Recently I do most of my work on a remote data center through a slow network
connection (<100KB/sec). I usually backup my project source tree as follows.
I first do make clean and also delete any unnecessary obj files to shrink the
total file size, then I compress the whole source tree as a tar ball and then I
use scp
locally to fetch the backup tar ball to my local machine. The procedure
is quite boring since I need to do this every day before I go home, otherwise
the whole bandwidth will be occupied for near an hour during which I can almost
do nothing.
Situation gets better when I find rsync
and cron
. Here is how I do automatic
regular (daily) backup with them.
Rsync is a file synchronization tool that aims to minimize the data transfer during copy files. This is done via only send the diffs to destination.
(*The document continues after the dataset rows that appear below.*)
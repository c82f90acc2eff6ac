-- ===== src/Tests/Contradictions.antt =====
-- A WHERE without a row, on natural numbers.
use compute_ql.Shared.{
  ℕ, ◌≡◌, ◌≢◌, refl, Bool, true, false, ◌&&◌, List, [], ◌∷◌, Option, none, some, arith,
}
use compute_ql.Text.{Text, str8_lit}
use compute_ql.Float.{f64_from_str8}
use compute_ql.Ir.{Node, value_of}
use compute_ql.Optimizer.{Conjunct}
use compute_ql.Optimizer.Logic.{Row, no, holds, all_hold}
use compute_ql.Optimizer.Fold.{optimizer_compare_numbers, compare_strings}
use compute_ql.Optimizer.Bounds.{optimizer_detect_contradiction}
use compute_ql.Optimizer.Bounds.Passes.{ReadsColumns}
use compute_ql.Optimizer.Bounds.Entries.{where_live}
use compute_ql.Optimizer.Bounds.Sound.{detect_contradiction_sound}
use compute_ql.Tests.Data.{apply, column, number, conjunct_of, relations, left_join_steps}
use compute_ql.Tests.Folding.{naturals}

abbrev passes : Option Bool → Bool
passes none = true
passes (some b) = b

-- A value is a number and a text; every column holds 4, "four".
abbrev four_row : Row (ℕ × Text)
four_row = record {
  column = λ name. some (4, str8_lit "four");
  constant = λ n. (f64_from_str8 naturals (value_of n), value_of n);
  compare = λ op v w.
      passes (optimizer_compare_numbers naturals op v.0 w.0)
      && passes (compare_strings naturals op v.1 w.1);
  member = λ list v. false;
  other = λ n. no;
}

passes_both :
    (a b : Option Bool) → (passes a && passes b) ≡ true → (a ≢ some false) × (b ≢ some false)
passes_both a b h = (
  not_false a (and_left (passes a) (passes b) h),
  not_false b (and_right (passes a) (passes b) h),
)
  where
    and_left : (a b : Bool) → (a && b) ≡ true → a ≡ true
    and_left a b h = ground arith

    and_right : (a b : Bool) → (a && b) ≡ true → b ≡ true
    and_right a b h = ground arith

    not_false : (o : Option Bool) → passes o ≡ true → o ≢ some false
    not_false none h e = cc
    not_false (some true) h e = cc
    not_false (some false) h e = cc

is_four : (v : ℕ × Text) → some (4, str8_lit "four") ≡ some v → (4, str8_lit "four") ≡ v
is_four v e = cc

four_reads : ReadsColumns naturals four_row relations
four_reads = record {
  number = λ r c. 4;
  text = λ r c. str8_lit "four";
  number_alike = λ r c d h. refl;
  text_alike = λ r c d h. refl;
  numbers = λ n l o op v e at ty h. rw (← is_four v at) (
    λ c.
        (passes_both (optimizer_compare_numbers naturals op 4 (f64_from_str8 naturals (value_of l)))
          (compare_strings naturals op (str8_lit "four") (value_of l)) c).0,
    λ c.
        (passes_both (optimizer_compare_numbers naturals op (f64_from_str8 naturals (value_of l)) 4)
          (compare_strings naturals op (value_of l) (str8_lit "four")) c).0,
  );
  texts = λ n l o op v e at ty h. rw (← is_four v at) (
    λ c.
        (passes_both (optimizer_compare_numbers naturals op 4 (f64_from_str8 naturals (value_of l)))
          (compare_strings naturals op (str8_lit "four") (value_of l)) c).1,
    λ c.
        (passes_both (optimizer_compare_numbers naturals op (f64_from_str8 naturals (value_of l)) 4)
          (compare_strings naturals op (value_of l) (str8_lit "four")) c).1,
  );
}

-- id > 5 AND 3 > id
abbrev crossed : List Conjunct
crossed =
    conjunct_of (apply (str8_lit ">") (column (str8_lit "id")) (number (str8_lit "5"))) 1 true 0
    ∷ conjunct_of (apply (str8_lit ">") (number (str8_lit "3")) (column (str8_lit "id"))) 1 true 0
    ∷ []

crossed_found : optimizer_detect_contradiction naturals relations left_join_steps crossed ≡ true
unfolding compute_ql.Text.char_is_digit optimizer_detect_contradiction
    compute_ql.Optimizer.Bounds.detect_loop compute_ql.Optimizer.Bounds.detect_conjunct
    compute_ql.Optimizer.Refs.optimizer_mask_popcount compute_ql.Optimizer.Refs.popcount_loop
    compute_ql.Optimizer.Bounds.comparison_sides compute_ql.Ir.same_type
    compute_ql.Optimizer.Bounds.optimizer_column_operand
    compute_ql.Optimizer.Refs.optimizer_resolve_column compute_ql.Optimizer.Refs.resolve_loop
    compute_ql.Optimizer.Refs.qe_column_belongs_to_table compute_ql.Optimizer.Refs.find_dot
    compute_ql.Catalog.cql_table_find_column compute_ql.Catalog.find_column_in
    compute_ql.Text.str8_match compute_ql.Text.match_loop compute_ql.Text.adjust_char f64_from_str8
    compute_ql.Optimizer.Bounds.apply_comparison compute_ql.Optimizer.Bounds.bounds_index
    compute_ql.Optimizer.Bounds.is_passed_over compute_ql.Optimizer.Bounds.is_string8
    compute_ql.Optimizer.Bounds.optimizer_bounds_apply
    compute_ql.Optimizer.Bounds.optimizer_bounds_are_contradictory
    compute_ql.Optimizer.Bounds.optimizer_column_type_is_comparable_number
    compute_ql.Optimizer.Bounds.optimizer_find_bounds
    compute_ql.Optimizer.Bounds.optimizer_flip_comparison compute_ql.Optimizer.Bounds.tighten
    compute_ql.Optimizer.Fold.optimizer_number_from_literal compute_ql.Optimizer.Refs.is_found
    compute_ql.Optimizer.Refs.qe_bare_column_name compute_ql.Text.u64_from_str8
crossed_found = refl

detect_contradiction_sound_example : all_hold four_row (where_live crossed) ≢ holds
detect_contradiction_sound_example =
    detect_contradiction_sound naturals four_row relations four_reads left_join_steps crossed
      crossed_found
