-- ===== src/Tests/Lexing.antt =====
-- The tokenizer of src/ir_gen/sql_parser.c at work.
use compute_ql.Shared.{suc, ◌++◌, ℕ, ◌+◌, ◌≡◌, refl, true, false, [], ◌∷◌, some, length, arith}
use compute_ql.Text.{Text, str8_lit}
use compute_ql.Sql.Lex.{
  TokenType, TokenizeResult, Step, token, sql_tokenize_from_text, lex_step, operator_run, quote,
  ends_operator,
}
use compute_ql.Sql.Lex.Whole.{tokenize-StandInOrder}
use compute_ql.Sql.Lex.Ranges.{StandInOrder}
use compute_ql.Sql.Lex.Literals.{written, escape}
use compute_ql.Sql.Lex.Strings.{tokenize-written, tokenize-unclosed, operator_before_quote}

-- Nothing that reads as a digit stands behind the table.
abbrev past : ℕ → ℕ
past c = 255

abbrev query : Text
query = str8_lit "where x1 >= -2.5;"

abbrev query_result : TokenizeResult
query_result = record {
  tokens =
      token TokenType.keyword (str8_lit "where") 0 5
      ∷ token TokenType.identifier (str8_lit "x1") 6 8
      ∷ token TokenType.operator (str8_lit ">=") 9 11
      ∷ token TokenType.number (str8_lit "-2.5") 12 16
      ∷ token TokenType.symbol (str8_lit ";") 16 17
      ∷ [];
  unterminated = false;
}

query_run : sql_tokenize_from_text past query ≡ some query_result
unfolding sql_tokenize_from_text compute_ql.Sql.Lex.tokenize_loop lex_step
    compute_ql.Sql.Lex.space_run compute_ql.Text.char_is_space compute_ql.Text.char_is_digit
    compute_ql.Text.char_is_alpha compute_ql.Text.char_is_upper compute_ql.Text.char_is_lower
    compute_ql.Sql.Lex.word_step compute_ql.Sql.Lex.word_run
    compute_ql.Sql.Words.sql_is_string_symbol compute_ql.Sql.Words.matches_some
    compute_ql.Sql.Words.g_sql_symbols compute_ql.Text.str8_match compute_ql.Text.match_loop
    compute_ql.Text.adjust_char compute_ql.Sql.Lex.branch_step ends_operator
    compute_ql.Sql.Lex.number_last compute_ql.Sql.Lex.number_run compute_ql.Sql.Lex.number_step
    operator_run compute_ql.Sql.Lex.operator_step compute_ql.Sql.Lex.symbol_step
    compute_ql.Sql.Words.g_sql_keywords compute_ql.Sql.Words.g_sql_operators
    compute_ql.Sql.Words.sql_is_string_keyword compute_ql.Sql.Words.sql_is_string_operator
    compute_ql.Text.char_to_upper compute_ql.Text.integer_symbol_reverse compute_ql.Text.str8_substr
query_run = refl

tokenize-StandInOrder_example :
    (r : TokenizeResult) × (sql_tokenize_from_text past query ≡ some r)
    × StandInOrder query 0 r.tokens
tokenize-StandInOrder_example = tokenize-StandInOrder past query

tokenize-written_example :
    sql_tokenize_from_text past (written (str8_lit "it's"))
    ≡ some (record {
      tokens = token TokenType.string (str8_lit "it's") 0 (length (written (str8_lit "it's"))) ∷ [];
      unterminated = false;
    })
tokenize-written_example = tokenize-written past (str8_lit "it's")

tokenize-unclosed_example :
    sql_tokenize_from_text past (quote ∷ escape (str8_lit "it's"))
    ≡ some (record { tokens = []; unterminated = true })
tokenize-unclosed_example = tokenize-unclosed past (str8_lit "it's")

equals_goes_on : ends_operator past b'=' ≡ false
unfolding ends_operator compute_ql.Text.char_is_space compute_ql.Text.char_is_alpha
    compute_ql.Text.char_is_upper compute_ql.Text.char_is_lower compute_ql.Text.char_is_digit
    compute_ql.Sql.Words.sql_is_string_symbol compute_ql.Sql.Words.matches_some
    compute_ql.Sql.Words.g_sql_symbols compute_ql.Text.str8_match compute_ql.Text.match_loop
    compute_ql.Text.adjust_char
equals_goes_on = refl

-- name='abc'
operator_before_quote_example :
    lex_step past (str8_lit "name" ++ (b'=' ∷ ([] ++ (quote ∷ str8_lit "abc'")))) 4
    ≡ Step.skip (4 + (1 + suc (operator_run past (str8_lit "abc'"))))
operator_before_quote_example =
    operator_before_quote past (str8_lit "name") b'=' [] (str8_lit "abc'") (equals_goes_on, tt)
      (λ e. omega arith)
It is perfect when you need to do regular copy between two fixed locations. Rsync has many options (well, as most of other GNU tools), here is two of them that are used more frequently:
# ensure that symbolic links, devices, attributes, permissions,
# ownerships, etc are preserved in the transfer
-a, --archive
#compress data during transfer, especially useful when the bandwidth is limited
-z, --compress
# exclude the directories or files that you don't want to sync, such as obj
# files, tag files, etc
--exclude
Suppose that you have a source tree on host B: ~/src
, and you want to sync this
source tree with a local folder named: ~/src_backup
, then the follow command
will suffice:
$ rsync -avz --exclude "obj/" --exclude "tags" --exclude "build" b@B:~/src/ ~/src_backup
The two exclude option will tell rsync to skip the obj subdirectory as well
as the tags file. The trailing slash in the source (b@B:~/src/
) will tell
rsync not to create an additional directory level at the destination. Without
this slash, rsync will create a src
directory under ~/src_backup
, which is not
desirable.
Now that after the first time rsync, the following rsync commands will only transfer the file changes to local, which is a great save of the bandwidth.